What I am wondering is

1) What?
1) why?
2) where?
3) how much?

1) Just what do people mean by "noise" in regards to carbon resistors?

2) Why is it that people WANT the noise of carbon resistors?

3) Where is the most effective use of carbon resistors for the noise?

4) will a 1 ohm 1 watt carbon resistor be every bit as noisy as a 1 meg-ohm 1/4 watt? or is there a relation between value/wattage for noise?

If I were to put a 1 ohm carbon in series with a 220K metal oxide resistor, would that give me the same noise benefit as using a 220K carbon resistor?

Noisy or not, if I did a 1 ohm carbon in series with anything else .... is it still good for measuring voltage drops across for a current reading or does the noise value make that inaccurate?


----------



## Emohawk (Feb 3, 2006)

People like CC resistors because they claim there's more "mojo" there. I can't comment on if that's real or not. I'll leave that to others to assess. I've heard clips of a 2204 build that used all metal oxide (mil spec in fact) and it sounded killer (and quiet).
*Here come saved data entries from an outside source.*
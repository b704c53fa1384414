-- ===== src/Aggregate/Queries.antt =====
-- Conditions and orderings (queries.py).
--
-- The fields of a value are a function from names. A parameter is a scalar, as a number; a set field
-- has no order with it and is not equal to it. `like` is `fullmatch` of the module `re` with the
-- pattern that the parameter stands for.
pub mod Laws
use minos_python.Base.{
  ℕ, Bool, true, false, not, Option, none, some, List, [], ◌∷◌, ◌==◌, ltb, leb, contains, Result,
  return, raise,
}
use minos_python.Aggregate.Entities.Events.{
  FieldValue, scalar, value_set, entity_set, ModelError, attribute_error, type_error,
}

pub data Comparison : Type 0 where
  lower lower_equal greater greater_equal equal not_equal : Comparison

mutual
  pub data Condition : Type 0 where
    always never : Condition
    conjunction disjunction : Conditions → Condition
    negation : Condition → Condition
    compares : Comparison → (field parameter : ℕ) → Condition
    is_in : (field : ℕ) → (parameter : List ℕ) → Condition
    is_like : (field parameter : ℕ) → Condition

  pub data Conditions : Type 0 where
    no_parts : Conditions
    part : Condition → Conditions → Conditions

-- What `attrgetter` finds under a name.
abbrev pub Attributes : Type 0
Attributes = ℕ → Option FieldValue

-- `_get_field(value)`
abbrev pub get_field : ℕ → Attributes → Result ModelError FieldValue
get_field n attributes = elim (attributes n) [ none ↦ raise attribute_error | some v ↦ return v ]

abbrev pub compare_with : Comparison → ℕ → ℕ → Bool
compare_with lower v p = ltb v p
compare_with lower_equal v p = leb v p
compare_with greater v p = ltb p v
compare_with greater_equal v p = leb p v
compare_with equal v p = v == p
compare_with not_equal v p = not (v == p)

-- The operator between a set and a scalar.
abbrev pub compare_set : Comparison → Result ModelError Bool
compare_set equal = return false
compare_set not_equal = return true
compare_set _ = raise type_error

abbrev pub compare_value : Comparison → ℕ → Result ModelError FieldValue → Result ModelError Bool
compare_value c p (raise e) = raise e
compare_value c p (return (scalar v)) = return (compare_with c v p)
compare_value c p (return (value_set xs)) = compare_set c
compare_value c p (return (entity_set es)) = compare_set c

abbrev pub value_in : List ℕ → Result ModelError FieldValue → Result ModelError Bool
value_in ps (raise e) = raise e
value_in ps (return (scalar v)) = return (contains v ps)
value_in ps (return _) = return false

abbrev pub value_like : (ℕ → ℕ → Bool) → ℕ → Result ModelError FieldValue → Result ModelError Bool
value_like like p (raise e) = raise e
value_like like p (return (scalar v)) = return (like p v)
value_like like p (return _) = raise type_error

-- `all` and `any` go on to the rest only where the first part does not decide.
abbrev pub and_also : Result ModelError Bool → Result ModelError Bool → Result ModelError Bool
and_also (raise e) rest = raise e
and_also (return true) rest = rest
and_also (return false) rest = return false

abbrev pub or_else : Result ModelError Bool → Result ModelError Bool → Result ModelError Bool
or_else (raise e) rest = raise e
or_else (return true) rest = return true
or_else (return false) rest = rest

abbrev pub negate : Result ModelError Bool → Result ModelError Bool
negate (raise e) = raise e
negate (return b) = return (not b)

module _ (like : ℕ → ℕ → Bool) (attributes : Attributes) where
  unfoldable mutual
    -- `_Condition.evaluate`
    pub evaluate : Condition → Result ModelError Bool
    evaluate always = return true
    evaluate never = return false
    evaluate (conjunction cs) = evaluate_all cs
    evaluate (disjunction cs) = evaluate_any cs
    evaluate (negation c) = negate (evaluate c)
    evaluate (compares c n p) = compare_value c p (get_field n attributes)
    evaluate (is_in n ps) = value_in ps (get_field n attributes)
    evaluate (is_like n p) = value_like like p (get_field n attributes)

    pub evaluate_all : Conditions → Result ModelError Bool
    evaluate_all no_parts = return true
    evaluate_all (part c cs) = and_also (evaluate c) (evaluate_all cs)

    pub evaluate_any : Conditions → Result ModelError Bool
    evaluate_any no_parts = return false
    evaluate_any (part c cs) = or_else (evaluate c) (evaluate_any cs)

-- `_Ordering`
pub record OrderBy : Type 0 where
  pub by : ℕ
  pub reverse : Bool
CC resistors tend to be noisier with higher values & "hot" signals. It's not a bad idea to use metal oxide with values of 100k+ if noise is an issue. You might want to try CC's in the lower values in the pre-amp to see if you can hear a difference.


----------



## Wild Bill (May 3, 2006)

keeperofthegood said:


> Hey oh
> 
> OK
> 
> ...


In the beginning they invented the carbon composition resistor. Basically, you press grains of carbon together within a ceramic shell. The amount and density of the grains determines the resistance.

This never did work that great! First off, if they had to pass any real current they would heat up. This would often burn the grains, changing the resistance value. Also, a voltage surge could cause an arc inside the resistor, making the connection between the grains rather "sooty". This could cause a hissing noise like frying eggs in audio circuits, as the current arced through all the carbon grains.
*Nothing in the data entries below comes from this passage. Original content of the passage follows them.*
-- ===== src/Task/Destroy.antt =====
-- A task of prs/task.c is destroyed once.
use prs.Base.{
  ℕ, ◌<◌, ◌≡◌, ◌≢◌, refl, ap, sym, subst, ◌∙◌, fun_ext, false, Option, some, List, [], ◌∷◌, ◌==◌,
  if◌then◌else◌, update, arith, inl, inr, Bool-cases, test_self,
}
use prs.Base.Partial.{All, nothing, just, All-bind_with, All-some}
use prs.Base.Result.{not_found}
use prs.God
use prs.God.{God, Ops}
use prs.God.Header.{id_invalid}
use prs.Name
use prs.Name.{Name, free_loop, get_key, get_entry, with_list}
use prs.Name.Laws.{count_of}
use prs.Sched.{is_ok}
use prs.Task.Lifecycle.{
  Object, World, Env, unlock_god, unregister_by, unregister, leave_sched, leave_locked,
  destroy_named, destroy,
}

free_loop-absent :
    (id : ℕ) (ids : List ℕ) → count_of id ids ≡ 0 → free_loop id ids ≡ (ids, not_found)
unfolding free_loop count_of
free_loop-absent id [] once = refl
free_loop-absent id (x ∷ ids) once = elim (Bool-cases (x == id)) [
  | inl e ↦ absurd (ground arith)
  | inr e ↦ rw (e, free_loop-absent id ids (ground arith)) refl
]

count_of-free_loop :
    (id : ℕ) (ids : List ℕ)
    → id ≢ id_invalid
    → count_of id ids < 2
    → count_of id (free_loop id ids).0 ≡ 0
unfolding free_loop count_of
count_of-free_loop id [] valid once = refl
count_of-free_loop id (x ∷ ids) valid once = ground (arith, count_of-free_loop id ids)

get_entry-entries :
    (n : Name) (key : List ℕ) (entries : ℕ → List ℕ)
    → get_entry (record n { entries = entries }) key ≡ get_entry n key
unfolding get_entry
get_entry-entries n key entries = refl

module _ {D : Type 0} (env : Env D) where
  -- The table of names is as in this one.
  abbrev SameNames : World D → World D → Type 0
  SameNames w u = u.names ≡ w.names

  unregister_by-SameNames :
      (proc proc_id task_id : ℕ) (w : World D) (proc_task_id : ℕ)
      → All (SameNames w) (unregister_by env proc proc_id task_id w proc_task_id)
  unregister_by-SameNames proc proc_id task_id w proc_task_id =
      elim (Bool-cases (proc_task_id == id_invalid)) [
        | inl e ↦ rw e nothing
        | inr e ↦ elim (Bool-cases (proc_task_id == (w.task env.current).id)) [
          | inl e' ↦ rw (e, e') (just refl)
          | inr e' ↦ rw (e, e') (just refl)
        ]
      ]

  unregister-SameNames :
      (proc proc_id task_id : ℕ) (w : World D)
      → All (SameNames w) (unregister env proc proc_id task_id w)
  unfolding unregister
  unregister-SameNames proc proc_id task_id w =
      let found = Name.find env.ops w.memory w.names w.god env.proc_svc_name in
      unregister_by-SameNames proc proc_id task_id (record w { god = found.0 }) found.1

  leave_sched-SameNames : (x : Object) (w : World D) → SameNames w (leave_sched env x w)
  leave_sched-SameNames x w = elim (Bool-cases (x.sched_id == id_invalid)) [
    | inl e ↦ rw e refl
    | inr e ↦ rw e refl
  ]

  leave_locked-SameNames :
      (x : Object) (w : World D) (locked : God × ℕ)
      → All (SameNames w) (leave_locked env x w locked)
  leave_locked-SameNames x w (g, proc) = elim (Bool-cases (proc == 0)) [
    | inl e ↦ rw e nothing
    | inr e ↦ rw e (
        All-bind_with (SameNames w) (SameNames w)
          (unregister env proc x.proc_id x.id (record w { god = g }))
          (λ u. some (unlock_god env (unlock_god env u x.proc_id) x.proc_id))
          (unregister-SameNames proc x.proc_id x.id (record w { god = g })) (λ u same. just same))
  ]

  destroy_named-SameNames : (x : Object) (w : World D) → All (SameNames w) (destroy_named env x w)
  destroy_named-SameNames x w =
      let left = leave_sched env x w in
      let left_same = leave_sched-SameNames x w in
      let last : World D → Option (World D) = λ u. some (unlock_god env u x.id) in
      elim (Bool-cases (x.proc_id == id_invalid)) [
        | inl e ↦ rw e (just left_same)
        | inr e ↦ rw e (
            All-bind_with (SameNames left) (SameNames w)
              (leave_locked env x left (God.lock left.god x.proc_id)) last
              (leave_locked-SameNames x left (God.lock left.god x.proc_id))
              (λ u same. just (same ∙ left_same)))
      ]

  -- A name that is not in its list is not found.
  with_list-absent :
      (memory : ℕ → List ℕ) (n : Name) (id : ℕ) (locked : God × ℕ)
      → (locked.1 ≢ 0 → count_of id (n.entries (get_entry n (get_key n memory locked.1))) ≡ 0)
      → with_list env.ops memory (free_loop id) n id locked
        ≡ (n, if locked.1 == 0 then locked.0 else God.unlock env.ops locked.0 id, not_found)
  unfolding with_list
  with_list-absent memory n id (g, object) absent = elim (Bool-cases (object == 0)) [
    | inl e ↦ rw e refl
    | inr e ↦
        let entry = get_entry n (get_key n memory object) in
        let none_there = absent (ground arith) in
        let same : update n.entries entry (n.entries entry) ≡ n.entries =
          fun_ext λ j. ground arith in
        rw (e, free_loop-absent id (n.entries entry) none_there)
          (ap (λ entries. (record n { entries = entries }, God.unlock env.ops g id, not_found))
            same)
  ]

  -- The table after the name was taken out of its list.
  with_list-taken :
      (memory : ℕ → List ℕ) (n : Name) (id : ℕ) (locked : God × ℕ)
      → id ≢ id_invalid
      → locked.1 ≢ 0
      → let key = get_key n memory locked.1 in
        let left = (with_list env.ops memory (free_loop id) n id locked).0 in
        count_of id (n.entries (get_entry n key)) < 2
        → count_of id (left.entries (get_entry left key)) ≡ 0
  unfolding with_list
  with_list-taken memory n id (g, object) valid there once =
      let key = get_key n memory object in
      let entry = get_entry n key in
      let ids = (free_loop id (n.entries entry)).0 in
      let some_object : (object == 0) ≡ false = ground (arith, there) in
      rw (some_object, get_entry-entries n key (update n.entries entry ids), test_self entry)
        (count_of-free_loop id (n.entries entry) valid once)

  destroy-SameNames :
      (w : World D) (task : ℕ)
      → let id = (w.task task).id in
        All
          (λ u.
            u.names ≡ (with_list env.ops w.memory (free_loop id) w.names id (God.lock w.god id)).0)
          (destroy env w task)
  unfolding destroy Name.free
  destroy-SameNames w task =
      let x = w.task task in
      let (names, g, result) = Name.free env.ops w.memory w.names w.god x.id in
      let freed : World D = record w { names = names; god = g } in
      elim (Bool-cases (is_ok result)) [
        | inl e ↦ rw e (destroy_named-SameNames x freed)
        | inr e ↦ rw e (just refl)
      ]

  -- Once a task whose name could be taken from the table was destroyed, `prs_task_destroy` of it at any
  -- later time, whether its object can still be locked or not, changes nothing but what a lock and an
  -- unlock of the object do: it does not reach the scheduler, the process or the reference of the task
  -- again. The list of its name held its ID at most once, and neither name nor table have changed since.
  pub destroy-again :
      (w left later : World D) (task : ℕ)
      → let id = (w.task task).id in
        let key = get_key w.names w.memory (God.lock w.god id).1 in
        id ≢ id_invalid
        → (God.lock w.god id).1 ≢ 0
        → count_of id (w.names.entries (get_entry w.names key)) < 2
        → destroy env w task ≡ some left
        → later.names ≡ left.names
        → (later.task task).id ≡ id
        → ((God.lock later.god id).1 ≢ 0
            → get_key later.names later.memory (God.lock later.god id).1 ≡ key)
        → destroy env later task
          ≡ some (record later {
            god =
                if (God.lock later.god id).1 == 0
                then (God.lock later.god id).0
                else God.unlock env.ops (God.lock later.god id).0 id;
          })
  unfolding destroy Name.free
  destroy-again w left later task valid there once destroyed names same_id same_key =
      let id = (w.task task).id in
      let key = get_key w.names w.memory (God.lock w.god id).1 in
      let table = (with_list env.ops w.memory (free_loop id) w.names id (God.lock w.god id)).0 in
      let taken = with_list-taken w.memory w.names id (God.lock w.god id) valid there once in
      let kept : later.names ≡ table =
        names
        ∙ All-some
            (subst (All (λ (u : World D). u.names ≡ table)) destroyed (destroy-SameNames w task)) in
      let none_there : count_of id (later.names.entries (get_entry later.names key)) ≡ 0 =
        subst (λ (n : Name). count_of id (n.entries (get_entry n key)) ≡ 0) (sym kept) taken in
      let absent = with_list-absent later.memory later.names id (God.lock later.god id) (λ locked.
        subst (λ (k : List ℕ). count_of id (later.names.entries (get_entry later.names k)) ≡ 0)
          (sym (same_key locked)) none_there) in
      rw (same_id, absent) refl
Worst of all, when they burned out they often burst into flame!

In the early 60's new manufacturing techiques appeared. Carbon film resistors were much quieter and much more stable. A bit of heat wouldn't change their resistance value. They also tended to char instead of bursting into flame if they burned out. They were actually advertised as "New Improved FlameProof Resistors!"

Metal films are the quietest but even carbon films are more than quiet enough for guitar amps.

Why do some folks prefer carbon comps? First off, rarely are any of these people techs. They simply believe that if you use the same parts as Muddy Waters had in his amp then you will somehow sound like him. Easier than practicing, I guess!:smile:

The idea of using them in a guitar amp always makes me smile. Why would you want to make a guitar amp more hifi?

Using them in an audiophile amp makes me laugh! Why would you think that a tire for a 1930's Ford would give you better mileage than a modern one? Carbon comps are an old, antique techology! We IMPROVE as the years go along, not the other way around!

Can you hear a difference? There is a guy named R G Keen who has a FAQ about this at his website http://www.geofex.com

RG is FAR smarter than I am! Much better educated and I suspect he actually invented the volt! Anyhow, he performed many tests in his lab with REAL test equipment and came to the conclusion that yes, there is a difference but it is extremely small! 

You can get a bit of vintage compression on the signal, but ONLY when the carbon comp resistor is in a position in the circuit where it is both in the signal path AND is passing a reasonable amount of current. That eliminates almost ALL the resistors in your amp! The only ones that he could find a difference were the two plate resistors in the long tailed phase inverter used in most amps.

Even then you had to be cranking the amp and have extremely good ears. Not the sort of thing that everybody in a bar would notice and be impressed about when you played.

Most times when there is excessive hiss in an old amp it is coming from antique carbon comp resistors. Replacing them with carbon or metal film will quiet them down by an incredible level! You will always have at least a faint hiss. That's from electrons boiling off the cathode of the tubes. Still, you should have to put your ear right up to the speaker to hear it.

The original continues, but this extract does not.